§ **What you will do**:
Please count the lines of the data that contain "unfoldable" and state only the total.

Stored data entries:
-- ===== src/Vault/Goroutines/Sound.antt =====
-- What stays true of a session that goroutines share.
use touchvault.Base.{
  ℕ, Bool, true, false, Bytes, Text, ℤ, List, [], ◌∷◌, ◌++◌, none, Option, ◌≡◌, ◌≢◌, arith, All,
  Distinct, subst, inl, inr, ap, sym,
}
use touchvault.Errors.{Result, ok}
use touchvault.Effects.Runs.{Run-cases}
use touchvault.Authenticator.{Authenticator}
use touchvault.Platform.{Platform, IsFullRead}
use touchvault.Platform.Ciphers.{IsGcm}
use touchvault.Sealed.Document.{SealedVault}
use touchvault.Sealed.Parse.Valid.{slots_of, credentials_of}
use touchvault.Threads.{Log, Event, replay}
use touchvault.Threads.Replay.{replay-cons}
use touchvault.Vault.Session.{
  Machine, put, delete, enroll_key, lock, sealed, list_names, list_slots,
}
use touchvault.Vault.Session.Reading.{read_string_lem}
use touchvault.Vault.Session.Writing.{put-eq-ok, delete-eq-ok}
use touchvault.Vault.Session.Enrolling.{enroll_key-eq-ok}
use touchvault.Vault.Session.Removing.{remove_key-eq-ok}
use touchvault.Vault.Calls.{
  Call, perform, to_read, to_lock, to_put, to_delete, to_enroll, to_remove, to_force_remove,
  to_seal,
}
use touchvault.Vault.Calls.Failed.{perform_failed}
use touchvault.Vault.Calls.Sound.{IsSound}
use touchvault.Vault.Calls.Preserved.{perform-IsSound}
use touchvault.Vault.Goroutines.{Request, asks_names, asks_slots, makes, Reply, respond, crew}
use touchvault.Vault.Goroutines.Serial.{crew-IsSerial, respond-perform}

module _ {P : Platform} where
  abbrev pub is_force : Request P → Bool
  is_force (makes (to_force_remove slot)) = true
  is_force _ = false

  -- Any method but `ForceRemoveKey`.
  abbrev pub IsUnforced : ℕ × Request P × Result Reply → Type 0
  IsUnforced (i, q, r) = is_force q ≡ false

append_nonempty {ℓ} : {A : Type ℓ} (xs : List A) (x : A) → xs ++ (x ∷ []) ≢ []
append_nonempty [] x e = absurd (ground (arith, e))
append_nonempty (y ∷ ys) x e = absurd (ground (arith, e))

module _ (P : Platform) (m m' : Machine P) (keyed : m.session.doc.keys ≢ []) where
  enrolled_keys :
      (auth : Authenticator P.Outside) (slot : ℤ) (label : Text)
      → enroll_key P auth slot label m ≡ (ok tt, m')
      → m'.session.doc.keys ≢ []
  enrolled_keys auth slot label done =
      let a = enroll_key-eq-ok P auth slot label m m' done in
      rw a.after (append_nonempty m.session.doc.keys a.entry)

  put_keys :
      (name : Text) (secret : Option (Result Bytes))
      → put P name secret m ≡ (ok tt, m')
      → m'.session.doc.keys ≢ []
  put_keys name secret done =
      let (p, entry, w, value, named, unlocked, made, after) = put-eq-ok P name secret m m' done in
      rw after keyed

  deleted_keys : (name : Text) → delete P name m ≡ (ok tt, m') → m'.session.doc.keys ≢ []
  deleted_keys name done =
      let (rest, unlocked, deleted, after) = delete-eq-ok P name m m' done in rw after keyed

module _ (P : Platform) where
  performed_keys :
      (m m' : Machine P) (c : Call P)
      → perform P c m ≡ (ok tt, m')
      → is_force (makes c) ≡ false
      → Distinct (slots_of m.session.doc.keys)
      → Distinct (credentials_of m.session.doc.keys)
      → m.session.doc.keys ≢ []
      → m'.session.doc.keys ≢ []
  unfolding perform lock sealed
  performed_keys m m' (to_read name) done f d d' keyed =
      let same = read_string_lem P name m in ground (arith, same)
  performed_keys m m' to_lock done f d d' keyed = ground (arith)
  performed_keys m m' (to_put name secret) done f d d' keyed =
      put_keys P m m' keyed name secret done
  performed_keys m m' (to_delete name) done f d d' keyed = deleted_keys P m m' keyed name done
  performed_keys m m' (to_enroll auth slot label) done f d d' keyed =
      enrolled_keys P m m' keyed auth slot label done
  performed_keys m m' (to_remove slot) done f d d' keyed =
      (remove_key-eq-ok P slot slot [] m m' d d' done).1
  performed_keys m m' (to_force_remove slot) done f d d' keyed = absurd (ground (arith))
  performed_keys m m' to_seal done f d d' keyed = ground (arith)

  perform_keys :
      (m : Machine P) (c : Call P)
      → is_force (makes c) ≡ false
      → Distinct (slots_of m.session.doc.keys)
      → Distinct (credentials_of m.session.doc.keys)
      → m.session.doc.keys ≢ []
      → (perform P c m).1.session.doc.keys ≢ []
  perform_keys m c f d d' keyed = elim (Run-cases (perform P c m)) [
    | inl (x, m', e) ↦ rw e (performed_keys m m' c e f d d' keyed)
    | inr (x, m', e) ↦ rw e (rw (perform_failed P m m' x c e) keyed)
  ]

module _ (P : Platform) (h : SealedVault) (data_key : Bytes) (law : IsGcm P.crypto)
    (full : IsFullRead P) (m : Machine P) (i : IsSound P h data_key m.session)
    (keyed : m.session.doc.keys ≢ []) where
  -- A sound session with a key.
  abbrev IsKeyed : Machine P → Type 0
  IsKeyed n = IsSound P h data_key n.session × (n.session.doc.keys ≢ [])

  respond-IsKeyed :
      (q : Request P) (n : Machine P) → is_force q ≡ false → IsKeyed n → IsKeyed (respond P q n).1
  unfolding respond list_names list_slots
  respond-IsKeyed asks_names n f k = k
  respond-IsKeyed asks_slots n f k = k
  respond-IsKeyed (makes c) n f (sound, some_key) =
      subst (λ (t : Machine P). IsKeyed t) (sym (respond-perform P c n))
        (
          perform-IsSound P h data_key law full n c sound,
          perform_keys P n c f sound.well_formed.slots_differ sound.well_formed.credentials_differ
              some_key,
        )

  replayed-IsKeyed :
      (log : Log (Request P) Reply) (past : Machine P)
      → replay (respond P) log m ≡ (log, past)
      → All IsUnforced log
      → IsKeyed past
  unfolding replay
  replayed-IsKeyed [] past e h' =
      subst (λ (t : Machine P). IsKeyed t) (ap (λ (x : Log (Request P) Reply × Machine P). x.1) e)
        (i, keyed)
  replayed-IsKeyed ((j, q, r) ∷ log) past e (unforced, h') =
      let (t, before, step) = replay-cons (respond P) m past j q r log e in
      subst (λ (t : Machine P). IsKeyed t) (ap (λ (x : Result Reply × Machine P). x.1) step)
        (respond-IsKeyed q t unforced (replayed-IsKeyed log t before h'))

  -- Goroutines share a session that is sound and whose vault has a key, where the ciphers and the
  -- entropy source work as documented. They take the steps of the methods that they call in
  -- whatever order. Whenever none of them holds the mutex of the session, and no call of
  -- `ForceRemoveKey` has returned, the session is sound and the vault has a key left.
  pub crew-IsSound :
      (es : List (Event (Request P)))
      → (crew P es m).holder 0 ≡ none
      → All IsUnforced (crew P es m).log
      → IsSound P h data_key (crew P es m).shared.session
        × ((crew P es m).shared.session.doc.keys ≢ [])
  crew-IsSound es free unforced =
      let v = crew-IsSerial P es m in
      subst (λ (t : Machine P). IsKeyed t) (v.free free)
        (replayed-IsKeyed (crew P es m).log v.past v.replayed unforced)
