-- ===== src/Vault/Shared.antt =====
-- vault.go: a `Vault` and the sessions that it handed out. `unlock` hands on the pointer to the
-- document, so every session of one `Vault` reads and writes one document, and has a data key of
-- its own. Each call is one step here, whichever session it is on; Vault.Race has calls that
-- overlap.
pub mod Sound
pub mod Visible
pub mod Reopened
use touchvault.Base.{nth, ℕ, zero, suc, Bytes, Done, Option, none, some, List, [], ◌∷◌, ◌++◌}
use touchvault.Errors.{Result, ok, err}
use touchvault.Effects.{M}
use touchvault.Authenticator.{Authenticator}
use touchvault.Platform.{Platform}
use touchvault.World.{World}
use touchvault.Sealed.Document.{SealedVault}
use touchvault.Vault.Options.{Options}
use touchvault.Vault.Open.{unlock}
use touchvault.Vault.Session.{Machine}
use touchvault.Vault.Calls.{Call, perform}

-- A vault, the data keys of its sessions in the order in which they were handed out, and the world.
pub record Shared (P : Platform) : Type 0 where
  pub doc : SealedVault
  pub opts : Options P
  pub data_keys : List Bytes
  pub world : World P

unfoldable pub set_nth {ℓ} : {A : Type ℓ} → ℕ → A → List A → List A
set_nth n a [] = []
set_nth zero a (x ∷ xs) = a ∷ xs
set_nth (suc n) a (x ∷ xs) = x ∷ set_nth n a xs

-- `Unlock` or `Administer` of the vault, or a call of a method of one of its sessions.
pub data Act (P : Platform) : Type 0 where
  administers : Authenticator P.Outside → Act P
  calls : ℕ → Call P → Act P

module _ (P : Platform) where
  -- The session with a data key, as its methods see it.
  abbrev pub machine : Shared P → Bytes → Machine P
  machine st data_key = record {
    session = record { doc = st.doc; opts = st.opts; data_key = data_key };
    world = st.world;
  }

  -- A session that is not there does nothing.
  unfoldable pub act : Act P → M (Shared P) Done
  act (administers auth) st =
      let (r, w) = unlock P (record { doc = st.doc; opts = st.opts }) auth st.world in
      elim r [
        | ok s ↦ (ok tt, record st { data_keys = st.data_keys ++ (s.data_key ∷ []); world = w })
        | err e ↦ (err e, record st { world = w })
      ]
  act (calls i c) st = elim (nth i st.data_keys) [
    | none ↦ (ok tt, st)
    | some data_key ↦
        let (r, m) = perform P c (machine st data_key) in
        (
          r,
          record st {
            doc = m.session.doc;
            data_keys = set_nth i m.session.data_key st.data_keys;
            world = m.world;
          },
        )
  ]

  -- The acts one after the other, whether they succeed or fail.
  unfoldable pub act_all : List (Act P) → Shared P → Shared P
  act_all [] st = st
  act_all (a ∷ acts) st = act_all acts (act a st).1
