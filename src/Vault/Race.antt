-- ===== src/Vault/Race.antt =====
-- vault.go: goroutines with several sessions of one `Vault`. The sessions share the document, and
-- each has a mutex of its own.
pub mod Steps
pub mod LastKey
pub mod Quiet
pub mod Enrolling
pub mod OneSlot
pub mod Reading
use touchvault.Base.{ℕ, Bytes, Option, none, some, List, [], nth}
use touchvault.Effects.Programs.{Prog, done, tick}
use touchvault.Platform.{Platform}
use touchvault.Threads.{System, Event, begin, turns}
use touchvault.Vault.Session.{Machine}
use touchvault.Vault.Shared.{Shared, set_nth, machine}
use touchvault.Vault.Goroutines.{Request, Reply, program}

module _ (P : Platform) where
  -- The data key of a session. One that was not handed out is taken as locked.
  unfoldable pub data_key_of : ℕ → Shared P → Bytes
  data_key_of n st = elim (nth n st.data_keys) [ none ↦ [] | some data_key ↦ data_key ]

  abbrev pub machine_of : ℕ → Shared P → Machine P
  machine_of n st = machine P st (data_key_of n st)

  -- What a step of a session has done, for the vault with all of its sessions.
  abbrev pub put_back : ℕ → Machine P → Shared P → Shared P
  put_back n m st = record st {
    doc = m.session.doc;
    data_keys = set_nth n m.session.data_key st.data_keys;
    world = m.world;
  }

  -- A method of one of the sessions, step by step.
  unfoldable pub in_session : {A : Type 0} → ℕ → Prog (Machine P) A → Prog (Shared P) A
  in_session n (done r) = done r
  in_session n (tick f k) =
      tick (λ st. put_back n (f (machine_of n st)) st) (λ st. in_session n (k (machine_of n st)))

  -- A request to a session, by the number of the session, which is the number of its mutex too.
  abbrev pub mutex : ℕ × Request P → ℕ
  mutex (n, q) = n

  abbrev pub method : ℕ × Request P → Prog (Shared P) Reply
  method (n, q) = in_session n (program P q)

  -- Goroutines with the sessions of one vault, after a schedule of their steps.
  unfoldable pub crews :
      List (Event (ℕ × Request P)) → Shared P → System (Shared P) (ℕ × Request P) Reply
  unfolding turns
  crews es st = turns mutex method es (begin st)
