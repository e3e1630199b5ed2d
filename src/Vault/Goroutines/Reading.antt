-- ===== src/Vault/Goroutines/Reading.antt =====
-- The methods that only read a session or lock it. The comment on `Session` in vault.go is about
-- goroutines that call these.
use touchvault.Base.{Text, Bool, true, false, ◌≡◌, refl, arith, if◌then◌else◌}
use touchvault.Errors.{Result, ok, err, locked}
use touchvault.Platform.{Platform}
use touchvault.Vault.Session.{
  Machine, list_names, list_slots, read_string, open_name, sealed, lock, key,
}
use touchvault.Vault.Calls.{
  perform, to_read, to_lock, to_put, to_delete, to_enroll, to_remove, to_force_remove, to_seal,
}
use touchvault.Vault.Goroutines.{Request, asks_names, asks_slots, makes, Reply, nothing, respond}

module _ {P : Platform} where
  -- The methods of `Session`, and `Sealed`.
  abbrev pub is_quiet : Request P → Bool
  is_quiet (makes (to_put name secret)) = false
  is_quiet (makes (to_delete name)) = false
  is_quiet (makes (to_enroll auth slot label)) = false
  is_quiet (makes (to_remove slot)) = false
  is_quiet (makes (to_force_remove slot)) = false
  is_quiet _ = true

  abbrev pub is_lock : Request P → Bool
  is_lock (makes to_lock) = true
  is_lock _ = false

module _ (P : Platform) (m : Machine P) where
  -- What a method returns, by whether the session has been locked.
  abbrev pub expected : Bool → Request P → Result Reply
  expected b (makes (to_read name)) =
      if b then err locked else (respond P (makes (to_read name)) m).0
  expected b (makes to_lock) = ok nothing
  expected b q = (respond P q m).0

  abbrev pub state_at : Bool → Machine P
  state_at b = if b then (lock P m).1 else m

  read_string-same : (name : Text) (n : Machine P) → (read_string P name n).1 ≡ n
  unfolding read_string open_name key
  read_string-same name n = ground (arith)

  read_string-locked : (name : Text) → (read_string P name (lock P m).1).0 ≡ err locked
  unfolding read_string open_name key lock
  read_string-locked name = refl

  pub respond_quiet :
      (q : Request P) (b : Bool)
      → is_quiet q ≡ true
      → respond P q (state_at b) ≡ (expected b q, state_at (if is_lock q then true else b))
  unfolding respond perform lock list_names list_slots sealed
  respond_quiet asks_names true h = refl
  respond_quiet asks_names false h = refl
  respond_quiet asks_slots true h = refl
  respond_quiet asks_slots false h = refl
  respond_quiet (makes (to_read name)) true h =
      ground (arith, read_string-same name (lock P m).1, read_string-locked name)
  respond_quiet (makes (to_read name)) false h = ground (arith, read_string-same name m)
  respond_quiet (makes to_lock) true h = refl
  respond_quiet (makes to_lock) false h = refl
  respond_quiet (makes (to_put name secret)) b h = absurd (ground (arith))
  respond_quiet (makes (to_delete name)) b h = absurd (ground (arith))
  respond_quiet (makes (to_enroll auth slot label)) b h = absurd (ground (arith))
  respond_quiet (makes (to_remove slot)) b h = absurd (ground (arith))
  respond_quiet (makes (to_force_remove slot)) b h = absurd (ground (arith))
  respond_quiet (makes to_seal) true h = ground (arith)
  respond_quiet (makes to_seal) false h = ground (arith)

§ **Response**:
6